# New Bennett Farm thread... WITH SCORES!!



## Brian from GA (Jan 14, 2011)

Just so you don't have to read through the absolutely classless posts from the guy with no sense of humor here is a new thread with real info about the next two shoots. 

Sunday the 16th and the 23rd we will be hard at it. This weeks course is really solid.... nothing scarey but a thinking man's (or girls) course. 

Sounds like we will have a decent crowd and should get incredible weather. See ya'll Sunday. 

Directions
Enter 1501 Mann Rd., Shiloh, GA into GPS

From Columbus- Take Georgia 85/Manchester Expressway north through Waverly Hall. When 85 splits take the left split toward Shiloh/Warm Springs. Turn left on Highway 116. Drive 2.1 miles and turn right on Mann Rd. Drive 1.7 miles to gate on right. 

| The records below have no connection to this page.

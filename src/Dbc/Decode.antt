-- ===== src/Dbc/Decode.antt =====
-- internal/dbc/decode.go: the raw bits of a signal, and the sign extension of them.
use Prim.Native.Nat.{bit_and, bit_or}
use go_mdf.Base.{
  ℕ, ◌+◌, ◌-◌, ◌*◌, ◌/◌, ◌%◌, ◌^◌, Bool, Option, none, some, [], ◌∷◌, ltb, leb, ◌==◌, ◌||◌,
  if◌then◌else◌, length, take, Outcome, ok, ◌>>=◌,
}
use go_mdf.Base.Uint64.{shl, shr, push_byte}
use go_mdf.Base.Words.{Bytes, index, slice_from}

-- The fields of `Signal` that decoding reads. The parser yields no negative start or length.
pub record Signal : Type 0 where
  pub start_bit : ℕ
  pub len : ℕ
  pub big_endian : Bool
  pub signed : Bool
  pub is_multiplexer : Bool

-- The loop of `leWord`, from the last byte to the first.
unfoldable pub le_word_loop : Bytes → ℕ
le_word_loop [] = 0
le_word_loop (b ∷ bs) = push_byte (le_word_loop bs) b

unfoldable pub le_word : Bytes → ℕ
le_word p = le_word_loop (take 8 p)

-- The loop of `beWord`, from the first byte on.
unfoldable pub be_word_loop : ℕ → Bytes → ℕ
be_word_loop v [] = v
be_word_loop v (b ∷ bs) = be_word_loop (push_byte v b) bs

unfoldable pub be_word : Bytes → ℕ
be_word p =
    let n = if ltb 8 (length p) then 8 else length p in
    shl (be_word_loop 0 (take 8 p)) (8 * (8 - n))

unfoldable pub mask : ℕ → ℕ
mask bits = if leb 64 bits then 2 ^ 64 - 1 else 2 ^ bits - 1

-- The part of `rawLittle` behind its bounds check; a field may span a ninth byte.
unfoldable pub little_field : Bytes → ℕ → ℕ → ℕ → Outcome ℕ
little_field p start_byte bit_off len = do
  q ← slice_from p start_byte
  let v = shr (le_word q) bit_off
  w ←
      (if ltb 64 (bit_off + len)
        then (index p (start_byte + 8) >>= λ b. ok (bit_or v (shl b (64 - bit_off))))
        else ok v)
  ok (bit_and w (mask len))

-- `none` is the `false` of Go's pair.
unfoldable pub raw_little : Signal → Bytes → Outcome (Option ℕ)
raw_little s p =
    let start_byte = s.start_bit / 8 in
    let bit_off = s.start_bit % 8 in
    let need = (bit_off + s.len + 7) / 8 in
    if ltb (length p) (start_byte + need)
    then ok none
    else (little_field p start_byte bit_off s.len >>= λ v. ok (some v))

-- The part of `rawBig` behind its bounds check. `shift := 64 - bitOff - Length` is negative when
-- the field spans nine bytes.
unfoldable pub big_field : Bytes → ℕ → ℕ → ℕ → Outcome ℕ
big_field p first_byte bit_off len = do
  q ← slice_from p first_byte
  let v = be_word q
  w ←
      (if leb (bit_off + len) 64
        then ok (shr v (64 - bit_off - len))
        else (index p (first_byte + 8) >>= λ b.
            ok (bit_or (shl v (bit_off + len - 64)) (shr b (8 + 64 - bit_off - len)))))
  ok (bit_and w (mask len))

unfoldable pub raw_big : Signal → Bytes → Outcome (Option ℕ)
raw_big s p =
    let msb = 8 * (s.start_bit / 8) + (7 - s.start_bit % 8) in
    let first_byte = msb / 8 in
    let bit_off = msb % 8 in
    let need = (bit_off + s.len + 7) / 8 in
    if ltb (length p) (first_byte + need)
    then ok none
    else (big_field p first_byte bit_off s.len >>= λ v. ok (some v))

unfoldable pub raw : Signal → Bytes → Outcome (Option ℕ)
raw s p =
    if s.len == 0 || ltb 64 s.len
    then ok none
    else if s.big_endian
    then raw_big s p
    else raw_little s p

From LaGrange- Take Hwy 27 south to Pine Mountain. Turn left on 354 just past KFC/Subway. . Follow this road (becomes Kings Gap Rd) east 8.3 miles to Mann Rd (4-way stop) turn left and drive .5 miles to gate on right.

From West Point or Alabama- Take Exit 1 off I-85 and drive east on Highway 18. Cross I-185 and stay on 18 into Pine Mountain (when Callaway Gardens Golf entrance is on right stay straight on 18-Truck Route). Go to traffic light at Hwy 27 (KFC/Subway across street). Cross 27. Road becomes Highway 354/Kings Gap Rd. Follow Kings Gap Rd east 8.3 miles to Mann Rd (4-way stop) turn left and drive .5 miles to gate on right.

From Warm Springs, GA- Drive south on Georgia 85. After crossing mountain turn right onto Trammel Mill Rd. Drive approximately 5 miles and turn left onto Mann Rd. Drive 2 miles to club on left.


----------



## Hunterrs (Jan 15, 2011)

Is it normal sign hours?  I remember reading the hours were different but I think that was for the first one only.  Got two coming from Griffin if someone needs a ride.


----------



## rednekbowhunter (Jan 15, 2011)

Yahh !the girl trying to cheat!I left my arrows at northside pawn archery pro shop so she took it upon herself to take my points out and put bird shot in my arrows and glued the points back in.pay back is going to be a b****.


----------



## Brian from GA (Jan 15, 2011)

Yea. I will be there at about 8 AM starting the fire barrel. Somebody bring the turnips.


----------



## thegirl15 (Jan 15, 2011)

rednekbowhunter said:


> Yahh !the girl trying to cheat!I left my arrows at northside pawn archery pro shop so she took it upon herself to take my points out and put bird shot in my arrows and glued the points back in.pay back is going to be a b****.



cookie, before you go accusing people of things you may want to get your story straight. first off, i didn't touch your arrows, just held them hostage. second, i didn't take the points out...that would take too much effort. besides it would make MORE sense to take the UNGLUED end out, not the glued end, but to each his own. 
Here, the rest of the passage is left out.